Internal erosion is one of the most common causes of failure in hydraulic engineering structures, such as embankments and levees. It also plays a vital role in the geohazards (such as landslides and sinkhole developments) and more importantly, the earth landscape evolution, which has a broad environmental and ecosystem impacts. The groundwater seepage is multi-directional, and its multi-dimensional nature could affect the initiation and the progression of internal erosion. With a newly developed apparatus, we carry out nine internal erosion experiments under five different seepage directions. The results reveal that the critical hydraulic gradient increases as the seepage direction varies from the horizontal to the vertical. After a global erosion is triggered, preferential erosion paths distribute randomly from the bottom to the top of the specimen. If the seepage direction is not vertical, small preferential erosion paths merge into a large erosion corridor, in which the loss of fine particles is significant but negligible outside.
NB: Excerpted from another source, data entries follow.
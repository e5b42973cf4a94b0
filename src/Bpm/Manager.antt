-- ===== src/Bpm/Manager.antt =====
-- src/bpm/manager.rs: pages are added, fetched, evicted, flushed and swapped.
use rust_db.Common.{
  ℕ, zero, suc, ◌+◌, if◌then◌else◌, true, false, List, [], ◌∷◌, length, none, some, ok, err, panic,
  map_err,
}
use rust_db.Common.Actions.{Action, pure, fail, lift, expect_some, ◌>>=◌, ◌>>◌}
use rust_db.Types.{PageId}
use rust_db.Page.{Page}
use rust_db.Bpm.Frames.{Frame, is_pinned}
use rust_db.Bpm.Pool.{BpmError, no_free_frames, already_exists}
use rust_db.Bpm.State.{
  EvictionPolicy, DiskManager, PageCodec, BufferPool, table_get, reset_frames, all_frames,
  check_page, frame_at, set_frame, map_page, unmap_page, on_disk, fill_frame, pin_frame,
}

module _ {D Ep : Type 0} ⦃policy : EvictionPolicy Ep⦄ ⦃disk : DiskManager D⦄
    ⦃codec : PageCodec⦄ where
  abbrev pub choose_victim : Action (BufferPool D Ep) BpmError ℕ
  choose_victim s = elim (policy.find_victim s.eviction_policy s.frames) [
    | ok (victim, ep, swept) ↦
        let t : BufferPool D Ep = record s { eviction_policy = ep; frames = swept } in
        elim victim [ some id ↦ (ok id, t) | none ↦ (err no_free_frames, t) ]
    | err e ↦ (err e, s)
    | panic ↦ (panic, s)
  ]

  -- The page is written to disk.
  abbrev pub write_back : Page → Action (BufferPool D Ep) BpmError (Unit {0})
  write_back p = do
    raw ← lift (map_err BpmError.page (codec.as_raw_page p))
    on_disk (disk.write_page p.page_id raw)

  -- The part of `claim_frame` that asks the policy.
  unfoldable pub evict_frame : Action (BufferPool D Ep) BpmError ℕ
  evict_frame = do
    victim_id ← choose_victim
    victim ← frame_at victim_id
    if is_pinned victim then fail no_free_frames else pure tt
    page ← expect_some victim.latch
    if victim.dirty then write_back page else pure tt
    unmap_page page.page_id
    pure victim_id

  unfoldable pub claim_frame : Action (BufferPool D Ep) BpmError ℕ
  unfolding evict_frame
  claim_frame s = elim s.free_frames [
    | f ∷ rest ↦ (ok f, record s { free_frames = rest })
    | [] ↦ evict_frame s
  ]

  -- `new_page`: the frame of the guard, which is pinned.
  unfoldable pub new_page : Page → Action (BufferPool D Ep) BpmError ℕ
  unfolding claim_frame pin_frame
  new_page p s = elim (table_get s.page_table p.page_id) [
    | some f ↦ (err (already_exists p.page_id), s)
    | none ↦
        (do
          frame_id ← claim_frame
          fill_frame frame_id p true
          map_page p.page_id frame_id
          pin_frame frame_id
          pure frame_id)
          s
  ]

  unfoldable pub load_page : PageId → Action (BufferPool D Ep) BpmError ℕ
  unfolding claim_frame
  load_page id = do
    raw ← on_disk (disk.read_page id)
    page ← lift (map_err BpmError.page (codec.deserialize raw))
    frame_id ← claim_frame
    fill_frame frame_id page false
    map_page id frame_id
    pure frame_id

  unfoldable pub checkout_page : PageId → Action (BufferPool D Ep) BpmError ℕ
  unfolding load_page pin_frame
  checkout_page id s =
      (do
        frame ← elim (table_get s.page_table id) [ some f ↦ pure f | none ↦ load_page id ]
        pin_frame frame
        pure frame)
        s

  -- `fetch_read` and `fetch_write`: the frame of the guard. On a wrong page the frame stays pinned,
  -- since the guard that would unpin it has not been built.
  unfoldable pub fetch_frame : PageId → Action (BufferPool D Ep) BpmError ℕ
  unfolding checkout_page
  fetch_frame id = do frame ← checkout_page id; f ← frame_at frame; check_page id frame f.latch

  -- The loop of `flush_all` over the frames from one on.
  unfoldable pub flush_frames : ℕ → ℕ → Action (BufferPool D Ep) BpmError (Unit {0})
  flush_frames zero i = pure tt
  flush_frames (suc n) i = do
    f ← frame_at i
    elim f.dirty [
      | true ↦ do
        elim f.latch [ some p ↦ write_back p | none ↦ pure tt ]
        set_frame i (record f { dirty = false })
      | false ↦ pure tt
    ]
    flush_frames n (i + 1)

  -- `flush_all`, `close` and the drop of the pool.
  unfoldable pub flush_all : Action (BufferPool D Ep) BpmError (Unit {0})
  unfolding flush_frames
  flush_all s = (flush_frames (length s.frames) 0 >> on_disk disk.sync) s

  abbrev pub set_frames : List Frame → Action (BufferPool D Ep) BpmError (Unit {0})
  set_frames frames s = (
    ok tt,
    record s { frames = frames; page_table = []; free_frames = all_frames (length frames) },
  )

  -- `swap_file`: a pinned frame is a panic, after the file was swapped.
  unfoldable pub swap_file : List Page → Action (BufferPool D Ep) BpmError (Unit {0})
  unfolding flush_all
  swap_file pages s =
      (do
        flush_all
        on_disk (disk.swap_file pages)
        frames ← (λ t. lift (reset_frames t.frames) t)
        set_frames frames)
        s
Results of experiments manifest that the erosion is heterogeneous and three-dimensional, even in the unidirectional seepage flow. The particles are rapidly eroded at the early stage of the erosion, indicating a high erosion rate. With the erosion time increasing, the particle loss slows down and even ceases if the time is long enough. The erosion rate increases if the seepage direction approaches a vertical direction. Overall, the erosion rate approximately decreases with erosion time exponentially. We proposed exponential equations to illustrate the variation of the erosion rate in the erosion process.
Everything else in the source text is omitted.